→ TRY IT
Look through the lines below for the word "Type", and copy every line that has it.

→ GIVEN RECORDS

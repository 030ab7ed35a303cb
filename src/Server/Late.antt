-- ===== src/Server/Late.antt =====
-- What the translator of a turn sends once the turn has returned.
use smooth_agent.Base.{ℕ, String, some, List, [], ◌≡◌, ◌⊎◌, inl, inr, refl, All}
use smooth_agent.Base.Outcome.{Outcome, err, Outcome-cases}
use smooth_agent.Json.{Json}
use smooth_agent.Engine.{KnowledgeResult, Documents, KnowledgeBase}
use smooth_agent.Domain.{inbound}
use smooth_agent.Storage.Tables.{Adapter}
use smooth_agent.Search.Rerank.{Lexicon}
use smooth_agent.Search.Tool.{Display}
use smooth_agent.Turn.History.{load_prior_messages}
use smooth_agent.Server.Agent.{Agent}
use smooth_agent.Server.Streaming.{
  Storage, TurnRequest, TurnResult, TurnChoices, Driven, auto_context_limit, query_or_none,
  persist_message, translate_all, after_return, drive,
}
use smooth_agent.Server.Turn.{conclude_turn, knowledge, search_tool, run_streaming_turn}
use smooth_agent.Server.Answers.{IsStreamed, translate_all-IsStreamed}

module _ (json : Json) (now : ℕ) (lex : Lexicon) {Score : Type 0} (display : Display Score)
    (docs : Documents) (kb : KnowledgeBase docs.Document Score) where
  -- A list of late events: part of the request's stream, and empty unless the turn has failed.
  abbrev pub IsLate : String → Outcome (TurnResult Score) → List json.Value → Type 0
  IsLate rid result late =
      All (IsStreamed json (some rid)) late × ((late ≡ []) ⊎ ((m : String) × (result ≡ err m)))

  conclude_turn-IsLate :
      (req : TurnRequest lex Score) (choices : TurnChoices) (driven : Driven json lex Score)
      (auto : List (KnowledgeResult Score)) (tables : Adapter json.Value)
      → IsLate req.request_id
          (conclude_turn json now lex display req choices auto tables driven).0
          (translate_all json now req.request_id
            (after_return choices.sent_before_failure driven.outcome driven.events))
  unfolding conclude_turn translate_all
  conclude_turn-IsLate req choices driven auto tables = elim (Outcome-cases driven.outcome) [
    | inl (content, e) ↦ rw e (tt, inl refl)
    | inr (m, e) ↦
        rw (conclude_turn, e)
          (
            translate_all-IsStreamed json now req.request_id
                (after_return choices.sent_before_failure (err m) driven.events),
            inr (m, refl),
          )
  ]

  pub run_streaming_turn-IsLate :
      (agent : Agent json Score) (storage : Storage json kb.State) (req : TurnRequest lex Score)
      (choices : TurnChoices)
      → IsLate req.request_id
          (run_streaming_turn json now lex display docs kb agent storage req choices).result
          (run_streaming_turn json now lex display docs kb agent storage req choices).late
  unfolding run_streaming_turn
  run_streaming_turn-IsLate agent storage req choices =
      elim (Outcome-cases (load_prior_messages storage.tables req.conversation_id)) [
        | inr (m, e) ↦ rw (run_streaming_turn, e) (tt, inl refl)
        | inl (prior, e) ↦
            let persisted =
              persist_message json now storage.tables choices.inbound_id req.conversation_id inbound
                req.user_message in
            elim (Outcome-cases persisted.0) [
              | inr (m, p) ↦ rw (run_streaming_turn, e, p) (tt, inl refl)
              | inl (message, p) ↦
                  let context =
                    knowledge json now lex display docs kb storage req req.user_message
                      auto_context_limit in
                  rw (run_streaming_turn, e, p)
                    (conclude_turn-IsLate req choices
                      (drive display (search_tool json now lex display docs kb storage req)
                        (agent prior context req.user_message))
                      (query_or_none context) persisted.1)
            ]
      ]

→ SOLUTION FOR THIS EXERCISE
module _ (json : Json) (now : ℕ) (lex : Lexicon) {Score : Type 0} (display : Display Score)
  abbrev pub IsLate : String → Outcome (TurnResult Score) → List json.Value → Type 0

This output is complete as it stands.